In keeping with architectural continuity, all of the early buildings, including the school, churches, and mill houses, were built in the Carpenter Gothic style. This design makes Graniteville one of the more ornate mill villages developed in the South. Residents rented their on-and-a-half story homes from the manufacturing company for $16 to $25 per year. By the 1950s the mill had sold its homes to residents or other buyers. Most of the mill houses have been updated, though they retain their original appearance.
The Gregg Street mill houses are listed in the National Register as part of the Graniteville Historic District, which says the following:
The Graniteville Historic District consists of the Graniteville Canal, which dates to 1846; the original two and one-half story Graniteville Mill constructed of locally quarried granite and completed in 1849; twenty-six original workers’ houses in Early Gothic Revival style, most of whose exteriors are virtually unaltered; nine other units of early mill housing; the 1847 Graniteville Academy where operatives children were educated at company expense; and the Early Gothic Revival St.
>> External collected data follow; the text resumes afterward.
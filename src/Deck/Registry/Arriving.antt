-- ===== src/Deck/Registry/Arriving.antt =====
-- opencode-deck/opencode-deck/ocdeck/model.py, class Registry: the places of a new agent and of one that
-- is replaced.
use home_ailab.Prelude.{
  ℕ, ◌+◌, ◌≡◌, refl, ◌∙◌, sym, inl, inr, String, false, Option, none, some, ok, lookup, insert,
  get_elem?, get_elem?-set, length-set, arith, eq_iff, str_eq, lookup-insert, has-insert,
  insert-IsUnique, Bool-cases,
}
use home_ailab.Deck.Agents.{Agent, Registry}
use home_ailab.Deck.Registry.{enter_slot}
use home_ailab.Deck.Registry.Placing.{
  slot_at, IsPlaced, IsValid, Aged, Aged-refl, Found, taken, take_slot-taken, taken-Aged,
}

-- what a record is replaced by keeps its slot
abbrev pub replaced : String → Agent → Registry → Registry
replaced key b r = record r { records = insert key b r.records }

slot_at-replaced :
    (key : String) (a b : Agent) (r : Registry)
    → lookup key r.records ≡ some a
    → b.slot ≡ a.slot
    → (k : String) → slot_at k (replaced key b r) ≡ slot_at k r
slot_at-replaced key a b r at same k = elim (Bool-cases (str_eq key k)) [
  | inl own ↦
      let e : key ≡ k = (eq_iff key k).0 own in
      rw (lookup-insert key k b r.records, own, ← e, at) same
  | inr other ↦ rw (lookup-insert key k b r.records, other) refl
]

pub replaced-IsPlaced :
    (key : String) (a b : Agent) (r : Registry)
    → IsPlaced r
    → lookup key r.records ≡ some a
    → b.slot ≡ a.slot
    → b.id ≡ a.id
    → IsPlaced (replaced key b r)
replaced-IsPlaced key a b r w at same id = record {
  slots = w.slots;
  generations = w.generations;
  unique = insert-IsUnique key b r.records w.unique;
  named = λ k c e.
      ground (
        arith,
        lookup-insert key k b r.records,
        eq_iff key k,
        e,
        w.named k c,
        w.named key a at,
        id,
      );
  held = λ i k e. slot_at-replaced key a b r at same k ∙ w.held i k e;
  placed = λ k i e. w.placed k i (sym (slot_at-replaced key a b r at same k) ∙ e);
}

pub replaced-IsValid :
    (key : String) (a b : Agent) (r : Registry)
    → IsValid r
    → lookup key r.records ≡ some a
    → b.slot ≡ a.slot
    → b.id ≡ a.id
    → IsValid (replaced key b r)
replaced-IsValid key a b r v at same id = record {
  places = replaced-IsPlaced key a b r v.places at same id;
  waits = λ k known waiting.
      v.waits k (ground (arith, has-insert key k b r.records, eq_iff key k, at, known))
        (sym (slot_at-replaced key a b r at same k) ∙ waiting);
}

-- a new agent, with the slot that it took
abbrev entered : String → Agent → Registry → Registry
entered key a r = record r { records = insert key a r.records }

-- no agent of the key, and none in a slot that is free
entered-IsPlaced :
    (key : String) (a : Agent) (i g : ℕ) (r : Registry)
    → IsPlaced r
    → lookup key r.records ≡ none
    → get_elem? r.slots i ≡ some none
    → a.slot ≡ some i
    → a.id ≡ key
    → IsPlaced (entered key a (taken key i g r))
entered-IsPlaced key a i g r w new free slot id = record {
  slots = length-set r.slots i (some key) ∙ w.slots;
  generations = length-set r.generations i (g + 1) ∙ w.generations;
  unique = insert-IsUnique key a r.records w.unique;
  named =
      λ k c e. ground (arith, lookup-insert key k a r.records, eq_iff key k, e, w.named k c, id);
  held = λ j k e. ground (
    arith,
    get_elem?-set r.slots i j (some key) free,
    lookup-insert key k a r.records,
    eq_iff key k,
    w.held j k,
    slot,
    new,
    e,
  );
  placed = λ k j e. ground (
    arith,
    get_elem?-set r.slots i j (some key) free,
    lookup-insert key k a r.records,
    eq_iff key k,
    w.placed k j,
    slot,
    new,
    e,
  );
}

waiting-IsPlaced :
    (key : String) (a : Agent) (r : Registry)
    → IsPlaced r
    → lookup key r.records ≡ none
    → a.slot ≡ none
    → a.id ≡ key
    → IsPlaced (entered key a r)
waiting-IsPlaced key a r w new slot id = record {
  slots = w.slots;
  generations = w.generations;
  unique = insert-IsUnique key a r.records w.unique;
  named =
      λ k c e. ground (arith, lookup-insert key k a r.records, eq_iff key k, e, w.named k c, id);
  held = λ j k e.
      ground (arith, lookup-insert key k a r.records, eq_iff key k, w.held j k, slot, new, e);
  placed = λ k j e.
      ground (arith, lookup-insert key k a r.records, eq_iff key k, w.placed k j, slot, new, e);
}

-- the new agent's slot is the first free one, if there is one
pub enter-Entered :
    (key : String) (a : Agent) (o : Option ℕ) (r : Registry)
    → IsValid r
    → lookup key r.records ≡ none
    → Found r.slots 0 o
    → a.slot ≡ o
    → a.id ≡ key
    → (q : Registry) × ((enter_slot key o r ≡ ok q) × (IsValid (entered key a q) × (Aged r q)))
unfolding enter_slot
enter-Entered key a none r v new full slot id = (
  r,
  (
    refl,
    (
      record {
        places = waiting-IsPlaced key a r v.places new slot id;
        waits = λ k known waiting. full;
      },
      Aged-refl r,
    ),
  ),
)
enter-Entered key a (some i) r v new (j, (at, free)) slot id =
    let here : get_elem? r.slots i ≡ some none = ground arith in
    let (g, (gen, run)) = take_slot-taken key i r v.places here in
    (
      taken key i g r,
      (
        run,
        (
          record {
            places = entered-IsPlaced key a i g r v.places new here slot id;
            waits = λ k known waiting.
                let other : str_eq key k ≡ false =
                  ground (arith, lookup-insert key k a r.records, slot, waiting) in
                absurd (
                  v.waits k (ground (arith, has-insert key k a r.records, other, known))
                    (ground (arith, lookup-insert key k a r.records, other, waiting)) i here);
          },
          taken-Aged key i g r here gen,
        ),
      ),
    )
John’s Methodist Church, designed by Charleston architect E.B. White and completed in 1849. Most of these structures were either constructed by William Gregg or under his close supervision, and many still retain much of their original architectural vitality. While building the mill, Gregg supervised construction of a company town, thus bringing into existence the first typical southern mill village. By providing cheap housing, free schools, churches, and stores and by maintaining personal supervision over the morals and everyday lies of his operatives, Gregg established a pattern that would be emulated by scores of cotton mill owners throughout the region.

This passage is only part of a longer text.